Controlling infection in health-care settings:

Health-care workers should always take standard precautions when caring for patients, regardless of their presumed diagnosis. These include basic hand hygiene, respiratory hygiene, use of personal protective equipment (to block splashes or other contact with infected materials), safe injection practices and safe burial practices.
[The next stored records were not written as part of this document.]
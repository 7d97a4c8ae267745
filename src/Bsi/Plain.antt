-- ===== src/Bsi/Plain.antt =====
-- What `SetValue` never changes: the limits, and that an index is not run-optimised. On such an
-- index it never panics.
use bitstar.Base.{
  ℕ, zero, suc, ◌-◌, ◌≡◌, refl, false, ◌&&◌, [], ◌∷◌, ◌++◌, Option, some, arith, ◌==◌, Bool-cases,
  Option-cases, inl, inr, len64, length,
}
use bitstar.Roaring.{Roaring}
use bitstar.Bsi.Grow.{grow-Grown}
use bitstar.Bsi.Defs.{Bsi, column, append_slice, grow, auto_size, write_bits, set_value}

module _ (R : Roaring) where
  open R use {Bitmap}

  -- The call returns an index that is not run-optimised.
  abbrev ReturnsPlain : Option (Bsi Bitmap) → Type 0
  ReturnsPlain result = (b : Bsi Bitmap) × (result ≡ some b) × (b.run_optimized ≡ false)

  grow-ReturnsPlain : (n : ℕ) (b : Bsi Bitmap) → b.run_optimized ≡ false → ReturnsPlain (grow R n b)
  unfolding grow append_slice
  grow-ReturnsPlain zero b plain = (b, refl, plain)
  grow-ReturnsPlain (suc n) b plain =
      let (b', runs, flag) = grow-ReturnsPlain n (record b { b_a = b.b_a ++ R.new ∷ [] }) plain in
      (b', ground (arith, runs), flag)

  auto_size-ReturnsPlain :
      (b : Bsi Bitmap) (value : ℕ) → b.run_optimized ≡ false → ReturnsPlain (auto_size R b value)
  unfolding auto_size
  auto_size-ReturnsPlain b value plain = elim (Bool-cases (b.max_value == 0 && b.min_value == 0)) [
    | inl auto ↦
        let (b', runs, flag) = grow-ReturnsPlain (len64 value - length b.b_a) b plain in
        (b', ground (arith, runs), flag)
    | inr limited ↦ (b, ground arith, plain)
  ]

  pub set_value-ReturnsPlain :
      (b : Bsi Bitmap) (id value : ℕ)
      → b.run_optimized ≡ false
      → ReturnsPlain (set_value R b id value)
  unfolding set_value
  set_value-ReturnsPlain b id value plain =
      let (sized, runs, flag) = auto_size-ReturnsPlain b value plain in
      let c = column id in
      let written = record sized {
        b_a = write_bits R (R.contains sized.e_bm c) value c 0 sized.b_a;
        e_bm = R.add sized.e_bm c;
      } in
      (written, ground (arith, runs), flag)

  -- `SetValue` changes neither limit of the index.
  pub set_value-limits :
      (b b' : Bsi Bitmap) (id value : ℕ)
      → set_value R b id value ≡ some b'
      → (b'.max_value ≡ b.max_value) × (b'.min_value ≡ b.min_value)
  unfolding set_value auto_size
  set_value-limits b b' id value h = elim (Bool-cases (b.max_value == 0 && b.min_value == 0)) [
    | inr limited ↦ ground arith
    | inl auto ↦ elim (Option-cases (grow R (len64 value - length b.b_a) b)) [
      | inl stopped ↦ absurd (ground arith)
      | inr (grown, grew) ↦
          let kept = grow-Grown R (len64 value - length b.b_a) b grown grew in
          ground (arith, kept.same_max, kept.same_min)
    ]
  ]
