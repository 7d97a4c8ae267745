-- ===== src/Bsi/Sets.antt =====
-- Removing, retaining and merging columns: `ClearValues`, `NewBSIRetainSet`, `Clone` and `ParOr`.
use bitstar.Base.{
  ℕ, suc, ◌≤◌, ◌≡◌, ◌∙◌, true, false, List, [], ◌∷◌, map, arith, if◌then◌else◌, length, length-map,
  ◌⊎◌, Bool-cases, inl, inr,
}
use bitstar.Roaring.{Roaring}
use bitstar.Bsi.Defs.{Bsi, column, get_value}
use bitstar.Bsi.Value.{slices_value, Unset}
use bitstar.Bsi.SetGet.{get_value-eq-held, IsValid}
use bitstar.Bsi.Ops.{clear_values, new_bsi_retain_set, clone}

module _ (R : Roaring) where
  open R use {Bitmap}

  slices_value-and :
      (f : Bitmap) (c i : ℕ) (ss : List Bitmap)
      → slices_value R c i (map (λ s. R.and s f) ss)
        ≡ (if R.contains f c then slices_value R c i ss else 0)
  unfolding slices_value
  slices_value-and f c i [] = ground arith
  slices_value-and f c i (s ∷ ss) =
      ground (arith, slices_value-and f c (suc i) ss, R.contains-and s f c)

  slices_value-and_not :
      (f : Bitmap) (c i : ℕ) (ss : List Bitmap)
      → slices_value R c i (map (λ s. R.and_not s f) ss)
        ≡ (if R.contains f c then 0 else slices_value R c i ss)
  unfolding slices_value
  slices_value-and_not f c i [] = ground arith
  slices_value-and_not f c i (s ∷ ss) =
      ground (arith, slices_value-and_not f c (suc i) ss, R.contains-and_not s f c)

  Unset-and :
      (f : Bitmap) (c : ℕ) (ss : List Bitmap)
      → (R.contains f c ≡ false) ⊎ Unset R c ss
      → Unset R c (map (λ s. R.and s f) ss)
  Unset-and f c [] h = tt
  Unset-and f c (s ∷ ss) (inl h) = (ground (arith, R.contains-and s f c), Unset-and f c ss (inl h))
  Unset-and f c (s ∷ ss) (inr h) =
      (ground (arith, R.contains-and s f c), Unset-and f c ss (inr h.1))

  Unset-and_not :
      (f : Bitmap) (c : ℕ) (ss : List Bitmap)
      → (R.contains f c ≡ true) ⊎ Unset R c ss
      → Unset R c (map (λ s. R.and_not s f) ss)
  Unset-and_not f c [] h = tt
  Unset-and_not f c (s ∷ ss) (inl h) =
      (ground (arith, R.contains-and_not s f c), Unset-and_not f c ss (inl h))
  Unset-and_not f c (s ∷ ss) (inr h) =
      (ground (arith, R.contains-and_not s f c), Unset-and_not f c ss (inr h.1))

  -- On a well-formed index, after `ClearValues` the columns of the set read as missing and every
  -- other column reads as before, and the index stays well formed.
  pub clear_values-reads :
      (b : Bsi Bitmap) (f : Bitmap)
      → IsValid R b
      → ((id : ℕ)
          → get_value R (clear_values R b f) id
            ≡ (if R.contains f (column id) then (0, false) else get_value R b id))
        × IsValid R (clear_values R b f)
  clear_values-reads b f valid = (
    λ id.
        get_value-eq-held R (clear_values R b f) id narrow
        ∙ unfold clear_values in
          (ground (
            arith,
            R.contains-and_not b.e_bm f (column id),
            slices_value-and_not f (column id) 0 b.b_a,
            get_value-eq-held R b id valid.width,
          )),
    record {
      no_stale = λ c absent.
          unfold clear_values in
          Unset-and_not f c b.b_a (elim (Bool-cases (R.contains f c)) [
            | inl found ↦ inl found
            | inr other ↦ inr (
                valid.no_stale c
                  (unfold clear_values in ground (arith, R.contains-and_not b.e_bm f c)))
          ]);
      width = narrow;
    },
  )
    where
      narrow : length (clear_values R b f).b_a ≤ 64
      narrow =
          unfold clear_values in omega (arith, length-map (λ s. R.and_not s f) b.b_a, valid.width)

  -- Of a well-formed index `NewBSIRetainSet` keeps the columns of the set as they read before and
  -- drops every other, and the new index is well formed.
  new_bsi_retain_set-reads :
      (b : Bsi Bitmap) (f : Bitmap)
      → IsValid R b
      → ((id : ℕ)
          → get_value R (new_bsi_retain_set R b f) id
            ≡ (if R.contains f (column id) then get_value R b id else (0, false)))
        × IsValid R (new_bsi_retain_set R b f)
  new_bsi_retain_set-reads b f valid = (
    λ id.
        get_value-eq-held R (new_bsi_retain_set R b f) id narrow
        ∙ unfold new_bsi_retain_set in
          (ground (
            arith,
            R.contains-and b.e_bm f (column id),
            slices_value-and f (column id) 0 b.b_a,
            get_value-eq-held R b id valid.width,
          )),
    record {
      no_stale = λ c absent.
          unfold new_bsi_retain_set in
          Unset-and f c b.b_a (elim (Bool-cases (R.contains f c)) [
            | inl found ↦ inr (
                valid.no_stale c
                  (unfold new_bsi_retain_set in ground (arith, R.contains-and b.e_bm f c)))
            | inr other ↦ inl other
          ]);
      width = narrow;
    },
  )
    where
      narrow : length (new_bsi_retain_set R b f).b_a ≤ 64
      narrow =
          unfold new_bsi_retain_set in omega (arith, length-map (λ s. R.and s f) b.b_a, valid.width)

  -- `Clone` of a well-formed index reads as the index that it copies.
  get_value-clone :
      (b : Bsi Bitmap) (id : ℕ) → IsValid R b → get_value R (clone R b) id ≡ get_value R b id
  unfolding clone
  get_value-clone b id valid = (new_bsi_retain_set-reads b b.e_bm valid).0 id ∙ missing
    where
      missing :
          (if R.contains b.e_bm (column id) then get_value R b id else (0, false))
          ≡ get_value R b id
      missing = ground (arith, get_value-eq-held R b id valid.width)
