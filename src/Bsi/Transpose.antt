-- ===== src/Bsi/Transpose.antt =====
-- bsi/bsi.go: `Transpose`, `IntersectAndTranspose` and `transpose`.
use mathlib.Core.List.{Perm}
use native.Mathlib.Nat.{div-mul-le_self, mul_comm}
use bitstar.Base.{
  ℕ, zero, suc, ◌+◌, ◌-◌, ◌*◌, ◌/◌, ◌^◌, ◌%◌, ◌<◌, ◌≡◌, refl, ap, ◌∙◌, Bool, ◌&&◌, ◌||◌, List, [],
  ◌∷◌, Option, none, some, arith, if◌then◌else◌, ◌==◌, any, any-append, take, drop, take_all,
  take-append-drop, length-drop, length, Bool-cases, inl, inr,
}
use bitstar.Roaring.{Roaring}
use bitstar.Bsi.Defs.{Bsi, get_value}
use bitstar.Bsi.Executor.{batches, run_batches, workers, set_batches, parallel_executor, any-perm}

-- The batches together are the list.
any-batches :
    (p : ℕ → Bool) (n x remainder : ℕ) (ids : List ℕ)
    → length ids ≡ suc n * x + remainder
    → any (any p) (batches (suc n) x remainder ids) ≡ any p ids
unfolding batches
any-batches p zero x remainder ids e =
    let whole = take_all (x + remainder) ids (omega arith) in ground (arith, ap (any p) whole)
any-batches p (suc n) x remainder ids e =
    let left = length-drop x ids in
    let rest = any-batches p n x remainder (drop x ids) (grind (arith, left)) in
    let parts = any-append p (take x ids) (drop x ids) in
    let joined = ap (any p) (take-append-drop x ids) in ground (arith, rest, parts, joined)

module _ (R : Roaring) where
  open R use {Bitmap}

  -- The loop of `transpose`.
  unfoldable add_values : Bsi Bitmap → List ℕ → Bitmap → Bitmap
  unfolding get_value
  add_values b [] results = results
  add_values b (c ∷ cs) results =
      let (value, found) = get_value R b c in
      add_values b cs (if found then R.add results (value % 2 ^ 32) else results)

  -- `transpose`.
  unfoldable transpose_of : Bsi Bitmap → List ℕ → Option Bitmap
  unfolding add_values
  transpose_of b batch =
      some (add_values b batch (if b.run_optimized then R.run_optimize R.new else R.new))

  -- `IntersectAndTranspose`; `none` is a nil set.
  unfoldable intersect_and_transpose :
      ℕ → (List Bitmap → List Bitmap) → ℕ → Bsi Bitmap → Option Bitmap → Option Bitmap
  unfolding transpose_of parallel_executor
  intersect_and_transpose num_cpu arrive parallelism b found_set =
      let columns : Bitmap = elim found_set [ none ↦ b.e_bm | some s ↦ s ] in
      parallel_executor R num_cpu arrive parallelism (transpose_of b) columns

  -- `Transpose`.
  unfoldable transpose : ℕ → (List Bitmap → List Bitmap) → Bsi Bitmap → Option Bitmap
  unfolding intersect_and_transpose
  transpose num_cpu arrive b = intersect_and_transpose num_cpu arrive 0 b (some b.e_bm)

  -- Does the column exist with a value whose low 32 bits are these?
  abbrev reads_as : Bsi Bitmap → ℕ → ℕ → Bool
  reads_as b v c = (get_value R b c).1 && v == (get_value R b c).0 % 2 ^ 32

  contains-add_values :
      (b : Bsi Bitmap) (batch : List ℕ) (results : Bitmap) (v : ℕ)
      → R.contains (add_values b batch results) v
        ≡ (any (reads_as b v) batch || R.contains results v)
  unfolding add_values
  contains-add_values b [] results v = refl
  contains-add_values b (c ∷ batch) results v = elim (Bool-cases (get_value R b c).1) [
    | inl found ↦
        let value = (get_value R b c).0 % 2 ^ 32 in
        rw (found, contains-add_values b batch (R.add results value) v)
          (ground (arith, R.contains-add results value v))
    | inr missing ↦ rw (missing, contains-add_values b batch results v) refl
  ]

  run_batches-transpose_of :
      (b : Bsi Bitmap) (bs : List (List ℕ))
      → (rs : List Bitmap) × (run_batches (transpose_of b) bs ≡ some rs)
        × ((v : ℕ) → any (λ r. R.contains r v) rs ≡ any (any (reads_as b v)) bs)
  unfolding run_batches transpose_of
  run_batches-transpose_of b [] = ([], refl, λ v. refl)
  run_batches-transpose_of b (batch ∷ bs) =
      let empty : Bitmap = if b.run_optimized then R.run_optimize R.new else R.new in
      let (rs, runs, all) = run_batches-transpose_of b bs in
      (
        add_values b batch empty ∷ rs,
        ground (arith, runs),
        λ v. ground (
          arith,
          all v,
          contains-add_values b batch empty v,
          R.contains-run_optimize R.new v,
          R.contains-new v,
        ),
      )

  any-set_batches :
      (p : ℕ → Bool) (n : ℕ) (s : Bitmap)
      → 0 < n
      → any (any p) (set_batches R n s) ≡ any p (R.to_array s)
  any-set_batches p zero s h = absurd (omega arith)
  any-set_batches p (suc n) s h =
      let card = R.cardinality s in
      any-batches p n (card / suc n) (card - card / suc n * suc n) (R.to_array s) (
        omega (
          arith,
          R.cardinality-to_array s,
          div-mul-le_self card (suc n),
          mul_comm (card / suc n) (suc n),
        ))

  -- `IntersectAndTranspose` returns, and its result holds exactly the values of the columns of the
  -- set, cut to 32 bits, for every number of goroutines and every order of arrival; there is at least
  -- one processor.
  intersect_and_transpose_lem :
      (num_cpu parallelism : ℕ) (arrive : List Bitmap → List Bitmap) (b : Bsi Bitmap)
      (found_set : Bitmap)
      → 0 < num_cpu
      → ((rs : List Bitmap) → Perm (arrive rs) rs)
      → (result : Bitmap) × (intersect_and_transpose num_cpu arrive parallelism b (some found_set)
          ≡ some result)
        × ((v : ℕ) → R.contains result v ≡ any (reads_as b v) (R.to_array found_set))
  unfolding intersect_and_transpose parallel_executor
  intersect_and_transpose_lem num_cpu parallelism arrive b found_set cpus arrives =
      let n = workers num_cpu parallelism in
      let (rs, runs, all) = run_batches-transpose_of b (set_batches R n found_set) in
      (
        R.par_or (arrive rs),
        ground (arith, runs),
        λ v.
            R.contains-par_or (arrive rs) v
            ∙ any-perm (λ r. R.contains r v) (arrives rs)
            ∙ all v
            ∙ any-set_batches (reads_as b v) n found_set (ground arith),
      )
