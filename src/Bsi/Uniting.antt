-- ===== src/Bsi/Uniting.antt =====
-- `ParOr`: the slices of several indexes united, and what a narrower one among them loses.
use bitstar.Base.{
  ℕ, zero, suc, ◌+◌, ◌-◌, ◌≡◌, refl, Bool, false, ◌||◌, List, [], ◌∷◌, ◌++◌, none, some, arith, any,
  any-append, get_elem?, get_elem?-append_left, length, replicate,
}
use bitstar.Roaring.{Roaring}
use bitstar.Bsi.Defs.{Bsi}
use bitstar.Bsi.Compare.Defs.{slice_contains}
use bitstar.Bsi.Ops.{fresh, most_slices, collect_slices, merge_slices, par_or}

module _ (R : Roaring) where
  open R use {Bitmap}

  -- Does a collected slice hold the column?
  abbrev some_holds : ℕ → List Bitmap → Bool
  some_holds c ss = any (λ s. R.contains s c) ss

  -- Every index has slice `i`.
  abbrev AllHave : ℕ → List (Bsi Bitmap) → Type 0
  AllHave i [] = Unit
  AllHave i (x ∷ xs) = ((s : Bitmap) × (get_elem? x.b_a i ≡ some s)) × AllHave i xs

  collect_slices-all :
      (empty : Bitmap) (i c : ℕ) (collected : List Bitmap) (xs : List (Bsi Bitmap))
      → AllHave i xs
      → some_holds c (collect_slices R empty i collected xs)
        ≡ (some_holds c collected || any (λ x. slice_contains R x.b_a c i) xs)
  unfolding collect_slices
  collect_slices-all empty i c collected [] has = ground arith
  collect_slices-all empty i c collected (x ∷ xs) has =
      let (s, there) = has.0 in
      let rest = collect_slices-all empty i c (collected ++ s ∷ []) xs has.1 in
      let parts = any-append (λ t. R.contains t c) collected (s ∷ []) in
      ground (arith, there, rest, parts)

  -- An index without the slice throws away what was collected before it.
  collect_slices-drops :
      (empty : Bitmap) (i c : ℕ) (y : Bsi Bitmap) (zs xs : List (Bsi Bitmap))
      (collected : List Bitmap)
      → R.contains empty c ≡ false
      → get_elem? y.b_a i ≡ none
      → AllHave i zs
      → some_holds c (collect_slices R empty i collected (xs ++ y ∷ zs))
        ≡ any (λ z. slice_contains R z.b_a c i) zs
  unfolding collect_slices
  collect_slices-drops empty i c y zs [] collected clear missing has =
      let rest = collect_slices-all empty i c (empty ∷ []) zs has in
      ground (arith, missing, rest, clear)
  collect_slices-drops empty i c y zs (x ∷ xs) collected clear missing has =
      collect_slices-drops empty i c y zs xs
        (elim (get_elem? x.b_a i) [ some s ↦ collected ++ s ∷ [] | none ↦ empty ∷ [] ]) clear
        missing has

  get_elem?-merge_slices :
      (empty : Bitmap) (i k : ℕ) (ss : List Bitmap) (bsis : List (Bsi Bitmap)) (s : Bitmap)
      → get_elem? ss i ≡ some s
      → get_elem? (merge_slices R empty k ss bsis) i
        ≡ some (R.par_or (s ∷ collect_slices R empty (k + i) [] bsis))
  unfolding merge_slices
  get_elem?-merge_slices empty i k [] bsis s h = absurd (ground arith)
  get_elem?-merge_slices empty zero k (t ∷ ss) bsis s h =
      let same : t ≡ s = ground arith in
      let here : k + zero ≡ k = omega arith in rw (here, same) refl
  get_elem?-merge_slices empty (suc i) k (t ∷ ss) bsis s h =
      let here : k + suc i ≡ suc k + i = omega arith in
      rw here (get_elem?-merge_slices empty i (suc k) ss bsis s h)

  -- Slice `i` of `ParOr`, by what is collected for it.
  par_or-slice :
      (b : Bsi Bitmap) (bsis : List (Bsi Bitmap)) (i c : ℕ) (s : Bitmap)
      → get_elem? b.b_a i ≡ some s
      → slice_contains R (par_or R b bsis).b_a c i
        ≡ (R.contains s c || some_holds c (collect_slices R (fresh R b) i [] bsis))
  unfolding par_or
  par_or-slice b bsis i c s h =
      let more = replicate (most_slices R (length b.b_a) bsis - length b.b_a) (fresh R b) in
      let there = get_elem?-append_left b.b_a more i h in
      let merged = get_elem?-merge_slices (fresh R b) i 0 (b.b_a ++ more) bsis s there in
      let from_start : 0 + i ≡ i = omega arith in
      let merged' = rw from_start at merged in
      let united = R.contains-par_or (s ∷ collect_slices R (fresh R b) i [] bsis) c in
      ground (arith, merged', united)

  -- At a slice that `b` and all given indexes have, `ParOr` gives the union of their slices.
  pub par_or-unites :
      (b : Bsi Bitmap) (bsis : List (Bsi Bitmap)) (i c : ℕ) (s : Bitmap)
      → get_elem? b.b_a i ≡ some s
      → AllHave i bsis
      → slice_contains R (par_or R b bsis).b_a c i
        ≡ (R.contains s c || any (λ x. slice_contains R x.b_a c i) bsis)
  par_or-unites b bsis i c s h has =
      let collected = collect_slices-all (fresh R b) i c [] bsis has in
      ground (arith, par_or-slice b bsis i c s h, collected)

  -- When one of the given indexes lacks the slice, `ParOr` gives the union of the slices of `b` and
  -- of the indexes behind that one: those of the indexes `xs` before it are lost.
  pub par_or_drops :
      (b : Bsi Bitmap) (xs : List (Bsi Bitmap)) (y : Bsi Bitmap) (zs : List (Bsi Bitmap)) (i c : ℕ)
      (s : Bitmap)
      → get_elem? b.b_a i ≡ some s
      → get_elem? y.b_a i ≡ none
      → AllHave i zs
      → slice_contains R (par_or R b (xs ++ y ∷ zs)).b_a c i
        ≡ (R.contains s c || any (λ z. slice_contains R z.b_a c i) zs)
  par_or_drops b xs y zs i c s h missing has =
      let clear : R.contains (fresh R b) c ≡ false =
        ground (arith, R.contains-new c, R.contains-run_optimize R.new c) in
      let collected = collect_slices-drops (fresh R b) i c y zs xs [] clear missing has in
      ground (arith, par_or-slice b (xs ++ y ∷ zs) i c s h, collected)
Health-care workers caring for patients with suspected or confirmed Ebola virus should apply extra infection control measures to prevent contact with the patient’s blood and body fluids and contaminated surfaces or materials such as clothing and bedding. When in close contact (within 1 metre) of patients with EBV, health-care workers should wear face protection (a face shield or a medical mask and goggles), a clean, non-sterile long-sleeved gown, and gloves (sterile gloves for some procedures).
Laboratory workers are also at risk. Samples taken from humans and animals for investigation of Ebola infection should be handled by trained staff and processed in suitably equipped laboratories.